PROMPT |
Set out each line from the following listing that includes the word "IsPivot".

DATA FOR THIS EXERCISE |
______________________________
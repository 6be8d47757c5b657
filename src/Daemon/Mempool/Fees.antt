-- ===== src/Daemon/Mempool/Fees.antt =====
-- The fee rates of the memory pool: `internal_estimate_fee_rates` of xelis_daemon/src/core/mempool.rs.
use blockchain_xelis.Prelude.{
  ℕ, zero, suc, ◌+◌, ◌-◌, ◌*◌, ◌/◌, ◌%◌, ◌≤◌, ◌<◌, ◌≡◌, refl, sym, ap, Bool, true, ◌||◌, List, [],
  ◌∷◌, leb, ◌==◌, if◌then◌else◌, arith, All, length, take, drop, length-take, length-drop, All-take,
  insert_by, sort_by, IsSorted, sort_by-IsSorted, Bool-cases, u64_mod, inl, inr,
}
use mathlib.Core.Path.{subst}
use blockchain_xelis.Daemon.Rewards.{fee_per_kb}

pub record FeeRatesEstimated : Type 0 where
  pub high : ℕ
  pub medium : ℕ
  pub low : ℕ
  pub default : ℕ

abbrev pub larger_first : ℕ → ℕ → Bool
larger_first a b = leb b a

abbrev pub sum : List ℕ → ℕ
sum [] = 0
sum (x ∷ l) = x + sum l

unfoldable pub internal_estimate_fee_rates : List ℕ → FeeRatesEstimated
internal_estimate_fee_rates fee_rates =
    let len = length fee_rates in
    let high_priority_count = len * 30 / 100 in
    let normal_priority_count = len * 40 / 100 in
    let sorted = sort_by larger_first fee_rates in
    let others = drop high_priority_count sorted in
    if len == 0 || high_priority_count == 0 || normal_priority_count == 0
    then record { high = fee_per_kb; medium = fee_per_kb; low = fee_per_kb; default = fee_per_kb }
    else record {
      high = sum (take high_priority_count sorted) % u64_mod / high_priority_count;
      medium = sum (take normal_priority_count others) % u64_mod / normal_priority_count;
      low =
          sum (drop normal_priority_count others)
          % u64_mod
          / (len - high_priority_count - normal_priority_count);
      default = fee_per_kb;
    }

sum-insert : (a : ℕ) (l : List ℕ) → sum (insert_by larger_first a l) ≡ a + sum l
sum-insert a [] = refl
sum-insert a (b ∷ l) = elim (Bool-cases (larger_first a b)) [
  | inl e ↦ rw (e) refl
  | inr e ↦ rw (e) (omega (arith, sum-insert a l))
]

sum-sort : (l : List ℕ) → sum (sort_by larger_first l) ≡ sum l
sum-sort [] = refl
sum-sort (a ∷ l) = omega (arith, sum-insert a (sort_by larger_first l), sum-sort l)

length-insert : (a : ℕ) (l : List ℕ) → length (insert_by larger_first a l) ≡ suc (length l)
length-insert a [] = refl
length-insert a (b ∷ l) = elim (Bool-cases (larger_first a b)) [
  | inl e ↦ rw (e) refl
  | inr e ↦ rw (e) (ap suc (length-insert a l))
]

length-sort : (l : List ℕ) → length (sort_by larger_first l) ≡ length l
length-sort [] = refl
length-sort (a ∷ l) = omega (arith, length-insert a (sort_by larger_first l), length-sort l)

sum-take-drop : (n : ℕ) (l : List ℕ) → sum (take n l) + sum (drop n l) ≡ sum l
sum-take-drop zero l = omega arith
sum-take-drop (suc n) [] = omega arith
sum-take-drop (suc n) (x ∷ l) = omega (arith, sum-take-drop n l)

sum-above : (p : ℕ) (l : List ℕ) → All (λ x. p ≤ x) l → p * length l ≤ sum l
sum-above p [] all = omega arith
sum-above p (x ∷ l) (first, all) = let ih = sum-above p l all in grind (arith, ih, first)

sum-below : (p : ℕ) (l : List ℕ) → All (λ x. x ≤ p) l → sum l ≤ p * length l
sum-below p [] all = omega arith
sum-below p (x ∷ l) (first, all) = let ih = sum-below p l all in grind (arith, ih, first)

-- What is before a place of a sorted list is at least, and what is after it at most, what stands there.
record IsPivot (p : ℕ) (before after : List ℕ) : Type 0 where
  above : All (λ x. p ≤ x) before
  under : All (λ x. x ≤ p) after

All-larger :
    (x p : ℕ) (n : ℕ) (l r : List ℕ)
    → All (λ b. larger_first x b ≡ true) l
    → drop n l ≡ p ∷ r
    → p ≤ x
All-larger x p zero l r all e =
    let first = (subst (λ (m : List ℕ). All (λ b. larger_first x b ≡ true) m) e all).0 in
    ground (arith, first)
All-larger x p (suc n) [] r all e = absurd (ground (arith, e))
All-larger x p (suc n) (y ∷ l) r all e = All-larger x p n l r all.1 e

IsSorted-below : (p : ℕ) (r : List ℕ) → All (λ b. larger_first p b ≡ true) r → All (λ x. x ≤ p) r
IsSorted-below p [] all = tt
IsSorted-below p (x ∷ r) (first, all) = (ground (arith, first), IsSorted-below p r all)

IsPivot-drop :
    (n p : ℕ) (l r : List ℕ)
    → IsSorted larger_first l
    → drop n l ≡ p ∷ r
    → IsPivot p (take n l) (p ∷ r)
IsPivot-drop zero p l r s e =
    let s' = subst (λ (m : List ℕ). IsSorted larger_first m) e s in
    record { above = tt; under = (omega arith, IsSorted-below p r s'.0) }
IsPivot-drop (suc n) p [] r s e = absurd (ground (arith, e))
IsPivot-drop (suc n) p (x ∷ l) r s e =
    let rest = IsPivot-drop n p l r s.1 e in
    record { above = (All-larger x p n l r s.0 e, rest.above); under = rest.under }

IsSorted-drop : (n : ℕ) (l : List ℕ) → IsSorted larger_first l → IsSorted larger_first (drop n l)
IsSorted-drop zero l s = s
IsSorted-drop (suc n) [] s = tt
IsSorted-drop (suc n) (x ∷ l) s = IsSorted-drop n l s.1

average-above :
    (p n : ℕ) (l : List ℕ)
    → length l ≡ n
    → 0 < n
    → sum l < u64_mod
    → All (λ x. p ≤ x) l
    → p ≤ sum l % u64_mod / n
average-above p n l size positive small all =
    let wrap : sum l % u64_mod ≡ sum l = omega arith in
    let bound = sum-above p l all in rw (wrap) (grind (arith, bound, size))

average-below :
    (p n : ℕ) (l : List ℕ)
    → length l ≡ n
    → 0 < n
    → sum l < u64_mod
    → All (λ x. x ≤ p) l
    → sum l % u64_mod / n ≤ p
average-below p n l size positive small all =
    let wrap : sum l % u64_mod ≡ sum l = omega arith in
    let bound = sum-below p l all in rw (wrap) (grind (arith, bound, size))

first_of : (l : List ℕ) → 0 < length l → (x : ℕ) × (rest : List ℕ) × (l ≡ x ∷ rest)
first_of [] h = absurd (omega arith)
first_of (x ∷ rest) h = (x, rest, refl)

All-take_below : (p n : ℕ) (l : List ℕ) → All (λ x. x ≤ p) l → All (λ x. x ≤ p) (take n l)
All-take_below p n l all = All-take (λ x. x ≤ p) n l all

-- Of fee rates that sum up to less than 2 ^ 64, the estimate of a higher priority is not below that of a lower one.
pub estimate_fee_rates_order :
    (fee_rates : List ℕ)
    → sum fee_rates < u64_mod
    → ((internal_estimate_fee_rates fee_rates).medium
        ≤ (internal_estimate_fee_rates fee_rates).high)
      × ((internal_estimate_fee_rates fee_rates).low
          ≤ (internal_estimate_fee_rates fee_rates).medium)
unfolding internal_estimate_fee_rates
estimate_fee_rates_order fee_rates small =
    let len = length fee_rates in
    let h = len * 30 / 100 in
    let n = len * 40 / 100 in
    let sorted = sort_by larger_first fee_rates in
    let others = drop h sorted in
    elim (Bool-cases (len == 0 || h == 0 || n == 0)) [
      | inl few ↦ rw (internal_estimate_fee_rates, few) (omega arith, omega arith)
      | inr many ↦
          let positive : (0 < len) × (0 < h) × (0 < n) = ground (arith, many) in
          let size = length-sort fee_rates in
          let total = sum-sort fee_rates in
          let is_sorted : IsSorted larger_first sorted =
            sort_by-IsSorted larger_first (λ a b e. ground (arith, e))
              (λ a b c e f. ground (arith, e, f)) fee_rates in
          let parts = sum-take-drop h sorted in
          let shares = sum-take-drop n others in
          let left = length-drop h sorted in
          let rest = length-drop n others in
          let (p, r, at_p) = first_of others (omega (arith, left, size, positive.0)) in
          let (q, s, at_q) =
            first_of (drop n others) (omega (arith, left, rest, size, positive.0)) in
          let top = IsPivot-drop h p sorted r is_sorted at_p in
          let low = IsPivot-drop n q others s (IsSorted-drop h sorted is_sorted) at_q in
          let under = subst (λ (l : List ℕ). All (λ x. x ≤ p) l) (sym at_p) top.under in
          let last = subst (λ (l : List ℕ). All (λ x. x ≤ q) l) (sym at_q) low.under in
          let mid_size = length-take n others (omega (arith, left, size)) in
          let high_bound =
            average-above p h (take h sorted) (length-take h sorted (omega (arith, size)))
              positive.1 (omega (arith, parts, total, small)) top.above in
          let mid_below =
            average-below p n (take n others) mid_size positive.2
              (omega (arith, parts, shares, total, small)) (All-take_below p n others under) in
          let mid_above =
            average-above q n (take n others) mid_size positive.2
              (omega (arith, parts, shares, total, small)) low.above in
          let low_bound =
            average-below q (len - h - n) (drop n others) (omega (arith, left, rest, size))
              (omega (arith, positive.0)) (omega (arith, parts, shares, total, small)) last in
          rw (internal_estimate_fee_rates, many)
            (omega (arith, high_bound, mid_below), omega (arith, mid_above, low_bound))
    ]
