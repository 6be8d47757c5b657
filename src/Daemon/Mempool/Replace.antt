-- ===== src/Daemon/Mempool/Replace.antt =====
-- `add_tx` of xelis_daemon/src/core/mempool.rs, for a sender with transactions in the pool and for others.
use blockchain_xelis.Prelude.{
  ℕ, ◌+◌, ◌-◌, ◌≤◌, ◌<◌, ◌≡◌, ◌≢◌, ◌⊎◌, inl, inr, refl, sym, ◌∙◌, ap, true, false, ◌&&◌, List,
  Option, none, some, ltb, leb, arith, get_elem?, Bool-cases, Option-cases, ℕ_discrete, u64_mod,
  Result, ok,
}
use mathlib.Core.Path.{subst}
use blockchain_xelis.Daemon.BlockDag.{Hash}
use blockchain_xelis.Daemon.Mempool.{
  PublicKey, Transaction, SortedTx, AccountCache, Mempool, lookup, delete, insert, set_at,
  update_nonce_range, update_cache, add_to_cache, add_tx,
}
use blockchain_xelis.Daemon.Mempool.Maps.{
  Hash-cases, lookup-delete_same, lookup-delete_other, lookup-insert_same, lookup-insert_other,
  get_elem?-bound, get_elem?-inside, set_at-get, set_at-other, length-set_at,
  swap_remove_index-append,
}
use blockchain_xelis.Daemon.Mempool.Pool.{IsSpan, IsValid, IsSpan-index}
use blockchain_xelis.Daemon.Mempool.Add.{
  IsValid-replace, sorted, known_ne, single, first-IsValid, span, collect_new, appended,
  append-IsValid,
}

module _ {B M : Type 0} (pool : Mempool B M) (hash : Hash) (tx : Transaction) (size now : ℕ)
    (valid : IsValid pool) (new : lookup pool.txs hash ≡ none) (small : tx.nonce + 1 < u64_mod)
    (balances : B) (multisig : Option M) where
  abbrev entry : SortedTx
  entry = sorted pool hash tx size now valid new small balances multisig

  module _ (cache : AccountCache B M) (found : lookup pool.caches tx.source ≡ some cache)
      (low : cache.min ≤ tx.nonce) (high : tx.nonce ≤ cache.max) where
    abbrev place : ℕ
    place = tx.nonce - cache.min

    abbrev of_sender : IsSpan pool.txs tx.source cache
    of_sender = span pool hash tx size now valid new small balances multisig cache found

    abbrev replaced : AccountCache B M
    replaced = record {
      min = cache.min;
      max = cache.max;
      txs = set_at cache.txs place hash;
      balances = balances;
      multisig = multisig;
    }

    module _ (old : Hash) (at_old : get_elem? cache.txs place ≡ some old) where
      abbrev left : List (Hash × SortedTx)
      left = insert (delete pool.txs old) hash entry

      -- The transactions that are neither the new one nor the old one stay.
      kept :
          (h : Hash) (s : SortedTx) → lookup pool.txs h ≡ some s → old ≢ h → lookup left h ≡ some s
      kept h s at ne =
          lookup-insert_other (delete pool.txs old) hash h entry
            (known_ne pool hash tx size now valid new small balances multisig h s at)
          ∙ lookup-delete_other pool.txs old h ne
          ∙ at

      -- The old transaction has the sender and the nonce of the new one.
      old_tx :
          (s : SortedTx) × (lookup pool.txs old ≡ some s)
          × (s.tx.source ≡ tx.source)
          × (s.tx.nonce ≡ tx.nonce)
      old_tx =
          let (s, known, source, n) = of_sender.nonces place old at_old in
          (s, known, source, omega (arith, n, low))

      differs :
          (h : Hash) (s : SortedTx)
          → lookup pool.txs h ≡ some s
          → (s.tx.source ≢ tx.source) ⊎ (s.tx.nonce ≢ tx.nonce)
          → old ≢ h
      differs h s at other e =
          let (t, known, source, n) = old_tx in
          let same : t ≡ s =
            ground
              (arith, sym known ∙ subst (λ (x : Hash). lookup pool.txs x ≡ some s) (sym e) at) in
          elim other [
            | inl ne ↦ ne (sym (ap (λ (x : SortedTx). x.tx.source) same) ∙ source)
            | inr ne ↦ ne (sym (ap (λ (x : SortedTx). x.tx.nonce) same) ∙ n)
          ]

      replaced-IsSpan : IsSpan left tx.source replaced
      replaced-IsSpan =
          let same_size = length-set_at cache.txs place hash in
          let inside = get_elem?-bound cache.txs place old at_old in
          let a = of_sender.size in
          record {
            size = omega (arith, a, same_size);
            filled = omega (arith, of_sender.filled, same_size);
            small = of_sender.small;
            nonces = λ i h at. elim (ℕ_discrete place i) [
              | yes e ↦
                  let at' =
                    subst (λ (n : ℕ). get_elem? (set_at cache.txs place hash) n ≡ some h) (sym e)
                      at in
                  let same : hash ≡ h =
                    ground (arith, sym (set_at-get cache.txs place hash inside) ∙ at') in
                  (
                    entry,
                    subst (λ (x : Hash). lookup left x ≡ some entry) same
                        (lookup-insert_same (delete pool.txs old) hash entry),
                    refl,
                    omega (arith, e, low),
                  )
              | no ne ↦
                  let at' = sym (set_at-other cache.txs place i hash ne) ∙ at in
                  let (s, known, source, n) = of_sender.nonces i h at' in
                  (
                    s,
                    kept h s known (differs h s known (inr (λ e. ne (omega (arith, e, n, low))))),
                    source,
                    n,
                  )
            ];
          }

      replace-IsValid :
          IsValid (record pool { caches = insert pool.caches tx.source replaced; txs = left })
      replace-IsValid =
          IsValid-replace pool tx.source replaced left valid replaced-IsSpan
            (λ h s at ne. kept h s at (differs h s at (inl ne)))
            (λ h s at. elim (Hash-cases hash h) [
              | inl e ↦
                  let same : entry ≡ s = ground (
                    arith,
                    sym (lookup-insert_same (delete pool.txs old) hash entry)
                        ∙ subst (λ (x : Hash). lookup left x ≡ some s) (sym e) at,
                  ) in
                  inl (
                    sym (ap (λ (x : SortedTx). x.tx.source) same),
                    (
                      place,
                      set_at-get cache.txs place hash (get_elem?-bound cache.txs place old at_old)
                          ∙ ap some e,
                    ),
                  )
              | inr ne ↦
                  let below =
                    sym (lookup-insert_other (delete pool.txs old) hash h entry ne) ∙ at in
                  elim (Hash-cases old h) [
                    | inl gone ↦ absurd (
                        ground (
                          arith,
                          sym (lookup-delete_same pool.txs old)
                              ∙ subst (λ (x : Hash). lookup (delete pool.txs old) x ≡ some s)
                                  (sym gone) below,
                        ))
                    | inr stays ↦
                        let before = sym (lookup-delete_other pool.txs old h stays) ∙ below in
                        elim (Hash-cases s.tx.source tx.source) [
                          | inr differ ↦ inr (differ, before)
                          | inl e ↦
                              let (c, i, held, k) = valid.tracked h s before in
                              let same : c ≡ cache = ground (
                                arith,
                                found,
                                subst (λ (x : PublicKey). lookup pool.caches x ≡ some c) e held,
                              ) in
                              let k' =
                                subst (λ (x : AccountCache B M). get_elem? x.txs i ≡ some h) same
                                  k in
                              let apart : place ≢ i = (λ w. stays (
                                ground (
                                  arith,
                                  sym at_old
                                      ∙ subst (λ (n : ℕ). get_elem? cache.txs n ≡ some h) (sym w)
                                          k',
                                ))) in
                              inl (e, (i, set_at-other cache.txs place i hash apart ∙ k'))
                        ]
                  ]
            ])

  module _ {E : Type 0}
      (verify : Mempool B M → Hash → Transaction → Result E (Option (B × Option M)))
      (verified : verify pool hash tx ≡ ok (some (balances, multisig))) where
    -- In a valid pool, a verified transaction that the pool does not have, with a nonce below 2 ^ 64 - 1, can be added if its nonce is one of those
    -- that the sender has in the pool or the next one: the pool stays valid, and has the transaction.
    pub add_tx-IsValid :
        ((cache : AccountCache B M)
          → lookup pool.caches tx.source ≡ some cache
          → (cache.min ≤ tx.nonce) × (tx.nonce ≤ cache.max + 1))
        → (after : Mempool B M) × (add_tx verify pool hash tx size now ≡ ok after)
          × IsValid after
          × (lookup after.txs hash ≡ some entry)
    unfolding add_tx add_to_cache update_cache update_nonce_range
    add_tx-IsValid fits = elim (Option-cases (lookup pool.caches tx.source)) [
      | inl missing ↦ (
        record pool {
          caches =
              insert pool.caches tx.source
                (single pool hash tx size now valid new small balances multisig);
          txs = insert pool.txs hash entry;
        },
        rw (add_tx, verified, missing) refl,
        first-IsValid pool hash tx size now valid new small balances multisig missing,
        lookup-insert_same pool.txs hash entry,
      )
      | inr (cache, found) ↦
          let (low, next) = fits cache found in
          let collected =
            collect_new pool hash tx size now valid new small balances multisig cache found in
          elim (Bool-cases (leb cache.min tx.nonce && leb tx.nonce cache.max)) [
            | inl inside ↦
                let high : tx.nonce ≤ cache.max = ground (arith, inside) in
                let held =
                  span pool hash tx size now valid new small balances multisig cache found in
                let (index, bound) = IsSpan-index tx.nonce held low high in
                let (old, at_old) = get_elem?-inside cache.txs (tx.nonce - cache.min) bound in
                let swapped =
                  swap_remove_index-append cache.txs (tx.nonce - cache.min) hash old at_old in
                (
                  record pool {
                    caches = insert pool.caches tx.source (replaced cache found low high);
                    txs = left cache found low high old at_old;
                  },
                  rw (add_tx, verified, found, add_to_cache, inside, collected, index, swapped)
                      refl,
                  replace-IsValid cache found low high old at_old,
                  lookup-insert_same (delete pool.txs old) hash entry,
                )
            | inr outside ↦
                let follows : tx.nonce ≡ cache.max + 1 = ground (arith, outside, low, next) in
                let held =
                  span pool hash tx size now valid new small balances multisig cache found in
                let not_below : ltb tx.nonce cache.min ≡ false = ground (arith, low) in
                let above : ltb cache.max tx.nonce ≡ true = ground (arith, follows) in
                (
                  record pool {
                    caches = insert pool.caches tx.source (
                        appended pool hash tx size now valid new small balances multisig cache
                          found);
                    txs = insert pool.txs hash entry;
                  },
                  rw
                      (
                        add_tx, verified, found, add_to_cache, outside, update_cache,
                        update_nonce_range, collected, not_below, above,
                      )
                      refl,
                  append-IsValid pool hash tx size now valid new small balances multisig cache found
                      follows,
                  lookup-insert_same pool.txs hash entry,
                )
          ]
    ]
______________________________
YOUR RESPONSE |
record IsPivot (p : ℕ) (before after : List ℕ) : Type 0 where
IsPivot-drop :
    → IsPivot p (take n l) (p ∷ r)
IsPivot-drop zero p l r s e =
IsPivot-drop (suc n) p [] r s e = absurd (ground (arith, e))
IsPivot-drop (suc n) p (x ∷ l) r s e =
    let rest = IsPivot-drop n p l r s.1 e in
          let top = IsPivot-drop h p sorted r is_sorted at_p in
          let low = IsPivot-drop n q others s (IsSorted-drop h sorted is_sorted) at_q in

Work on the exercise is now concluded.